L'ultimo viaggio pare una scena di Spielberg. Fa un percorso diverso dal solito con la moglie e anziché trovare una zona grigia, una di quelle neutrali, passa per l'Ungheria. "in Polonia non mi hanno mai chiesto nulla, potevo essere un terrorista e in due minuti passavo, in Ungheria invece hanno fatto più storie". Mi spiega che passa in una dogana dove non c'è la zona grigia. Suda freddo, spiega la sua situazione ai militari, gli promettono che lo lasciano entrare e uscire, ma non ha altra scelta che fidarsi: "Solo la sua parola, non c'è nessun foglio che certifica che mi fanno uscire, potevano dirmi 'e tu dove vai, ora resti qui o ti sparo'. Che avrei fatto?". "Mia moglie aveva paura per me", dice "non so quanti capelli bianchi mi sono venuti. Non farò più quella strada, avevo dimenticato non ci fosse zona neutrale lì". La neutralità è così: per Putin significa raderti al suolo, per i pacifisti italiani significa né con la Nato né con l'Ucraina, per Denis significa non farsi arrestare o buttare al fronte.
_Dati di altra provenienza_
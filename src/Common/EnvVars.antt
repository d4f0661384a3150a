-- ===== src/Common/EnvVars.antt =====
-- What merging environment variables gives.
use oadp_operator.Prelude.{
  ◌≡◌, refl, ◌∙◌, String, Bool, true, false, ◌||◌, List, [], ◌∷◌, ◌++◌, Option, none, some, is_some,
  lookup, map, arith, eq_iff, ◌==◌, contains,
}
use oadp_operator.Api.Correct.Laws.{HasNoDuplicates}
use oadp_operator.Common.{
  EnvVar, contains_env_var, add_env_vars, append_env_vars_to, append_unique_env_vars,
}

abbrev first : Option String → Option String → Option String
first none o = o
first (some v) o = some v

lookup-append :
    (a b : List EnvVar) (n : String) → lookup n (a ++ b) ≡ first (lookup n a) (lookup n b)
unfolding lookup
lookup-append [] b n = refl
lookup-append (e ∷ a) b n = ground (arith, lookup-append a b n)

contains_env_var-lookup :
    (vars : List EnvVar) (var : EnvVar) → contains_env_var vars var ≡ is_some (lookup var.0 vars)
unfolding contains_env_var lookup
contains_env_var-lookup [] var = refl
contains_env_var-lookup (e ∷ vars) var = ground (arith, contains_env_var-lookup vars var)

add_env_vars-lookup :
    (base vars : List EnvVar) (n : String)
    → lookup n (add_env_vars base vars) ≡ first (lookup n base) (lookup n vars)
unfolding add_env_vars lookup
add_env_vars-lookup base [] n = ground arith
add_env_vars-lookup base (var ∷ vars) n = ground (
  arith,
  add_env_vars-lookup base vars n,
  add_env_vars-lookup (base ++ var ∷ []) vars n,
  lookup-append base (var ∷ []) n,
  contains_env_var-lookup base var,
  eq_iff var.0 n,
)

-- All the lists in one.
abbrev pub joined : List (List EnvVar) → List EnvVar
joined [] = []
joined (vars ∷ rest) = vars ++ joined rest

append_env_vars_to-lookup :
    (base : List EnvVar) (lists : List (List EnvVar)) (n : String)
    → lookup n (append_env_vars_to base lists) ≡ first (lookup n base) (lookup n (joined lists))
unfolding append_env_vars_to lookup
append_env_vars_to-lookup base [] n = ground arith
append_env_vars_to-lookup base (vars ∷ rest) n = ground (
  arith,
  append_env_vars_to-lookup (add_env_vars base vars) rest n,
  add_env_vars-lookup base vars n,
  lookup-append vars (joined rest) n,
)

abbrev pub env_name : EnvVar → String
env_name var = var.0

neither : (x y : Bool) → x ≡ false → y ≡ false → (x || y) ≡ false
neither x y e f = ground arith

head_differs : (s t : String) (x : Bool) → (s == t || x) ≡ false → (t == s) ≡ false
head_differs s t x h = ground (arith, eq_iff s t, eq_iff t s)

HasNoDuplicates-snoc :
    (base : List EnvVar) (var : EnvVar)
    → HasNoDuplicates (map env_name base)
    → contains_env_var base var ≡ false
    → HasNoDuplicates (map env_name (base ++ var ∷ []))
unfolding contains_env_var
HasNoDuplicates-snoc [] var h e = (refl, tt)
HasNoDuplicates-snoc (b ∷ base) var (new, h) e =
    (still_new, HasNoDuplicates-snoc base var h (ground arith))
  where
    names_snoc :
        (l : List EnvVar)
        → contains (map env_name (l ++ var ∷ [])) b.0
          ≡ (contains (map env_name l) b.0 || var.0 == b.0)
    names_snoc [] = ground arith
    names_snoc (x ∷ l) = ground (arith, names_snoc l)

    still_new : contains (map env_name (base ++ var ∷ [])) b.0 ≡ false
    still_new =
        names_snoc base
        ∙ neither (contains (map env_name base) b.0) (var.0 == b.0) new (head_differs b.0 var.0 _ e)

add_env_vars-HasNoDuplicates :
    (base vars : List EnvVar)
    → HasNoDuplicates (map env_name base)
    → HasNoDuplicates (map env_name (add_env_vars base vars))
unfolding add_env_vars
add_env_vars-HasNoDuplicates base [] h = h
add_env_vars-HasNoDuplicates base (var ∷ vars) h =
    either _ _ (contains_env_var base var) refl (add_env_vars-HasNoDuplicates base vars h) (λ e.
      add_env_vars-HasNoDuplicates (base ++ var ∷ []) vars (HasNoDuplicates-snoc base var h e))
  where
    either :
        (xs ys : List EnvVar) (b : Bool)
        → contains_env_var base var ≡ b
        → HasNoDuplicates (map env_name xs)
        → (contains_env_var base var ≡ false → HasNoDuplicates (map env_name ys))
        → HasNoDuplicates (map env_name (elim b [ true ↦ xs | false ↦ ys ]))
    either xs ys true e p q = p
    either xs ys false e p q = q e

append_env_vars_to-HasNoDuplicates :
    (base : List EnvVar) (lists : List (List EnvVar))
    → HasNoDuplicates (map env_name base)
    → HasNoDuplicates (map env_name (append_env_vars_to base lists))
unfolding append_env_vars_to
append_env_vars_to-HasNoDuplicates base [] h = h
append_env_vars_to-HasNoDuplicates base (vars ∷ rest) h =
    append_env_vars_to-HasNoDuplicates (add_env_vars base vars) rest
      (add_env_vars-HasNoDuplicates base vars h)

-- AppendUniqueEnvVars gives each name the value that the first of the lists gives it, the lists
-- being read one after the other, and no name that none of them has; no name occurs twice.
pub append_unique_env_vars_sound :
    (lists : List (List EnvVar)) (n : String)
    → (lookup n (append_unique_env_vars lists) ≡ lookup n (joined lists))
      × HasNoDuplicates (map env_name (append_unique_env_vars lists))
unfolding append_unique_env_vars lookup
append_unique_env_vars_sound lists n =
    (append_env_vars_to-lookup [] lists n, append_env_vars_to-HasNoDuplicates [] lists tt)
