-- ===== src/Common/Maps.antt =====
-- What merging maps without conflicts gives.
use oadp_operator.Prelude.{
  ◌≡◌, subst, String, List, [], ◌∷◌, Option, none, some, Dict, lookup, insert, lookup-insert, All,
  arith, eq_iff, eq_of_test, ◌==◌, inl, inr, Option-cases, Bool-cases,
}
use oadp_operator.Prelude.Filters.{All-map}
use oadp_operator.Registry.KeyValue.{parsed, Parsed-cases}
use oadp_operator.Common.{
  or_empty, add_entries, append_unique_keys_to, append_unique_key_t_of_t_maps,
}

-- Every entry of `small` is found in `big`.
abbrev pub Extends : Dict → Dict → Type 0
Extends small big = (k v : String) → lookup k small ≡ some v → lookup k big ≡ some v

abbrev pub HasEntries : Dict → Dict → Type 0
HasEntries entries big = All (λ e. lookup e.0 big ≡ some e.1) entries

-- A new key leaves the others.
Extends-insert : (k v : String) (m : Dict) → lookup k m ≡ none → Extends m (insert k v m)
Extends-insert k v m free j w h = ground (arith, lookup-insert k j v m, eq_iff k j, free, h)

add_entries-Extends :
    (base entries out : Dict)
    → add_entries base entries ≡ parsed out
    → Extends base out × HasEntries entries out
unfolding add_entries
add_entries-Extends base [] out h = (λ j w e. cc, tt)
add_entries-Extends base ((k, v) ∷ rest) out h = elim (Option-cases (lookup k base)) [
  | inl free ↦
      let (extends, has) =
        add_entries-Extends (insert k v base) rest out (ground (arith, h, free)) in
      (
        λ j w e. extends j w (Extends-insert k v base free j w e),
        (extends k v (ground (arith, lookup-insert k k v base, eq_iff k k)), has),
      )
  | inr (w, taken) ↦ elim (Bool-cases (w == v)) [
    | inl same ↦
        let (extends, has) = add_entries-Extends base rest out (ground (arith, h, taken, same)) in
        (extends, (extends k v (ground (arith, taken, eq_of_test w v same)), has))
    | inr differs ↦ absurd (ground (arith, h, taken, differs))
  ]
]

-- Every map has its entries in the result.
abbrev pub HasMaps : List (Option Dict) → Option Dict → Type 0
HasMaps maps out = All (λ labels. HasEntries (or_empty labels) (or_empty out)) maps

merged :
    (base : Option Dict) (maps : List (Option Dict)) (out : Option Dict)
    → append_unique_keys_to base maps ≡ parsed out
    → Extends (or_empty base) (or_empty out) × HasMaps maps out
unfolding append_unique_keys_to
merged base [] out h = (λ j w e. subst (λ o. lookup j (or_empty o) ≡ some w) (base_out h) e, tt)
  where
    base_out : parsed base ≡ parsed out → base ≡ out
    base_out h = cc
merged base (none ∷ rest) out h =
    let (extends, has) = merged base rest out h in (extends, (tt, has))
merged base (some labels ∷ rest) out h = elim (Parsed-cases (add_entries (or_empty base) labels)) [
  | inl (m, e) ↦
      let (inner, here) = add_entries-Extends (or_empty base) labels m e in
      let (extends, has) = merged (some m) rest out (ground (arith, h, e)) in
      (λ j w f. extends j w (inner j w f), (All-map (λ x f. extends x.0 x.1 f) labels here, has))
  | inr (x, e) ↦ absurd (ground (arith, h, e))
]

-- If AppendUniqueKeyTOfTMaps returns without an error, every entry of every map that it was given
-- is found in the result with its value.
pub append_unique_key_t_of_t_maps_sound :
    (maps : List (Option Dict)) (out : Option Dict)
    → append_unique_key_t_of_t_maps maps ≡ parsed out
    → HasMaps maps out
unfolding append_unique_key_t_of_t_maps
append_unique_key_t_of_t_maps_sound maps out h = (merged none maps out h).1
Se una mattina scoppiasse una guerra e doveste decidere tra scappare per sempre o difendere il vostro Paese che fareste? Vincerebbe il senso di sopravvivenza o il patriottismo? I vostri figli o la vostra terra? È una decisione che in molti uomini sono stati costretti a prendere in fretta il 24 febbraio. Denis in patria è considerato un disertore, eppure a me sembra straordinario quello che fa per il Paese da cui è scappato. Gli chiedo se la sua percezione dei russi oggi è cambiata: sempre fratelli? "So che non è colpa dei russi, la colpa è di Putin. Però anche i popoli devono protestare. Se sono tanti non possono metterli tutti in prigione". In qualche modo l'inazione ti rende complice, per uno disposto a fare più di 3000 km per trasportare aiuti è chiaro sia così. "Potevo mandare 500 euro ai militari, stare a casa tranquillo a guardare la tv. Ma oggi si ferma uno, domani un altro, poi un terzo. Chi li aiuterà poi?"